* EXERCISE DETAILS *
Repeat each entry. Keep every line exactly as it is.
[Start of section]
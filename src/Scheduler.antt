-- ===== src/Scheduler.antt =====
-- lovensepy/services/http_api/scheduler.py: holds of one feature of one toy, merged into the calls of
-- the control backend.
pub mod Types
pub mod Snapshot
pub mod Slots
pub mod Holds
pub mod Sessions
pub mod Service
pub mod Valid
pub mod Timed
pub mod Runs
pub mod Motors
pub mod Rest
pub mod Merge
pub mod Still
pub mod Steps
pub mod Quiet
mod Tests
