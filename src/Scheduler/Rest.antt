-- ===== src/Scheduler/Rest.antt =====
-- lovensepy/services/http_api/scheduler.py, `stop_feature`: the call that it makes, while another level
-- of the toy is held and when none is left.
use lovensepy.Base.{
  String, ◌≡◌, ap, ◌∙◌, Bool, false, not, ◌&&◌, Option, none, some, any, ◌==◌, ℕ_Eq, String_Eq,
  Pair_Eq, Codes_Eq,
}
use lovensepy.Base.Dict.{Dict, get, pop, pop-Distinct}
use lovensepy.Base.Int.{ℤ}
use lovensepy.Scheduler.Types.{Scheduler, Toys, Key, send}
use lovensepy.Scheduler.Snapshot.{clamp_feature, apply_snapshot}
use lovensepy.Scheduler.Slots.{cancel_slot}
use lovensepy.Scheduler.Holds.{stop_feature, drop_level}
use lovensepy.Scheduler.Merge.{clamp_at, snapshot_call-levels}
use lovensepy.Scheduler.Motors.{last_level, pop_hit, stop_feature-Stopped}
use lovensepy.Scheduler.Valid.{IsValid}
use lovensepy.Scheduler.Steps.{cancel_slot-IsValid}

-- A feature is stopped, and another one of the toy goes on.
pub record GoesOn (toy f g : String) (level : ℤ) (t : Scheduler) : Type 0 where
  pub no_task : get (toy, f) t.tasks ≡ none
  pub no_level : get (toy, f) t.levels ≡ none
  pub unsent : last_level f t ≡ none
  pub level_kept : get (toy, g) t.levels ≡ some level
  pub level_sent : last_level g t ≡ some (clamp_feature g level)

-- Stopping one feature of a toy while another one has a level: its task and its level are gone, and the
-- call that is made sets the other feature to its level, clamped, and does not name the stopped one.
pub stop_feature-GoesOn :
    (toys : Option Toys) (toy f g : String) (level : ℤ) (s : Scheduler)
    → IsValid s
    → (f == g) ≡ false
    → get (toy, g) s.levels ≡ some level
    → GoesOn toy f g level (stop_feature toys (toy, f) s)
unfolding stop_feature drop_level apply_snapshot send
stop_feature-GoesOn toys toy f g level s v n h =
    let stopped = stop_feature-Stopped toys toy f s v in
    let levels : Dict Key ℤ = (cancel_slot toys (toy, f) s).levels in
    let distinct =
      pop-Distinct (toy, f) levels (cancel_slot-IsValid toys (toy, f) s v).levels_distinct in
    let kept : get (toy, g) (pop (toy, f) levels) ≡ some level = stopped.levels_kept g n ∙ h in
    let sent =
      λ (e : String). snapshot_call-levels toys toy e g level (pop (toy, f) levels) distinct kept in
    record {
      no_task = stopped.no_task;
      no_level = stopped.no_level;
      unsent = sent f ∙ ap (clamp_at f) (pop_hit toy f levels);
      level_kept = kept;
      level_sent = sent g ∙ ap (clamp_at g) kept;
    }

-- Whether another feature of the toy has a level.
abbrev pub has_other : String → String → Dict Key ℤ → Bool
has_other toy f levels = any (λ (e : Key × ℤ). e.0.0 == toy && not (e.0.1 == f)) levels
[End of section]
* ANSWER SECTION *
filename src/Scheduler.antt
-- ===== src/Scheduler.antt =====
-- lovensepy/services/http_api/scheduler.py: holds of one feature of one toy, merged into the calls of
-- the control backend.
pub mod Types
pub mod Snapshot
pub mod Slots
pub mod Holds
pub mod Sessions
pub mod Service
pub mod Valid
pub mod Timed
pub mod Runs
pub mod Motors
pub mod Rest
pub mod Merge
pub mod Still
pub mod Steps
pub mod Quiet
mod Tests
filename src/Scheduler/Rest.antt
-- ===== src/Scheduler/Rest.antt =====
-- lovensepy/services/http_api/scheduler.py, `stop_feature`: the call that it makes, while another level
-- of the toy is held and when none is left.
use lovensepy.Base.{
  String, ◌≡◌, ap, ◌∙◌, Bool, false, not, ◌&&◌, Option, none, some, any, ◌==◌, ℕ_Eq, String_Eq,
  Pair_Eq, Codes_Eq,
}
use lovensepy.Base.Dict.{Dict, get, pop, pop-Distinct}
use lovensepy.Base.Int.{ℤ}
use lovensepy.Scheduler.Types.{Scheduler, Toys, Key, send}
use lovensepy.Scheduler.Snapshot.{clamp_feature, apply_snapshot}
use lovensepy.Scheduler.Slots.{cancel_slot}
use lovensepy.Scheduler.Holds.{stop_feature, drop_level}
use lovensepy.Scheduler.Merge.{clamp_at, snapshot_call-levels}
use lovensepy.Scheduler.Motors.{last_level, pop_hit, stop_feature-Stopped}
use lovensepy.Scheduler.Valid.{IsValid}
use lovensepy.Scheduler.Steps.{cancel_slot-IsValid}

-- A feature is stopped, and another one of the toy goes on.
pub record GoesOn (toy f g : String) (level : ℤ) (t : Scheduler) : Type 0 where
  pub no_task : get (toy, f) t.tasks ≡ none
  pub no_level : get (toy, f) t.levels ≡ none
  pub unsent : last_level f t ≡ none
  pub level_kept : get (toy, g) t.levels ≡ some level
  pub level_sent : last_level g t ≡ some (clamp_feature g level)

-- Stopping one feature of a toy while another one has a level: its task and its level are gone, and the
-- call that is made sets the other feature to its level, clamped, and does not name the stopped one.
pub stop_feature-GoesOn :
    (toys : Option Toys) (toy f g : String) (level : ℤ) (s : Scheduler)
    → IsValid s
    → (f == g) ≡ false
    → get (toy, g) s.levels ≡ some level
    → GoesOn toy f g level (stop_feature toys (toy, f) s)
unfolding stop_feature drop_level apply_snapshot send
stop_feature-GoesOn toys toy f g level s v n h =
    let stopped = stop_feature-Stopped toys toy f s v in
    let levels : Dict Key ℤ = (cancel_slot toys (toy, f) s).levels in
    let distinct =
      pop-Distinct (toy, f) levels (cancel_slot-IsValid toys (toy, f) s v).levels_distinct in
    let kept : get (toy, g) (pop (toy, f) levels) ≡ some level = stopped.levels_kept g n ∙ h in
    let sent =
      λ (e : String). snapshot_call-levels toys toy e g level (pop (toy, f) levels) distinct kept in
    record {
      no_task = stopped.no_task;
      no_level = stopped.no_level;
      unsent = sent f ∙ ap (clamp_at f) (pop_hit toy f levels);
      level_kept = kept;
      level_sent = sent g ∙ ap (clamp_at g) kept;
    }

-- Whether another feature of the toy has a level.
abbrev pub has_other : String → String → Dict Key ℤ → Bool
has_other toy f levels = any (λ (e : Key × ℤ). e.0.0 == toy && not (e.0.1 == f)) levels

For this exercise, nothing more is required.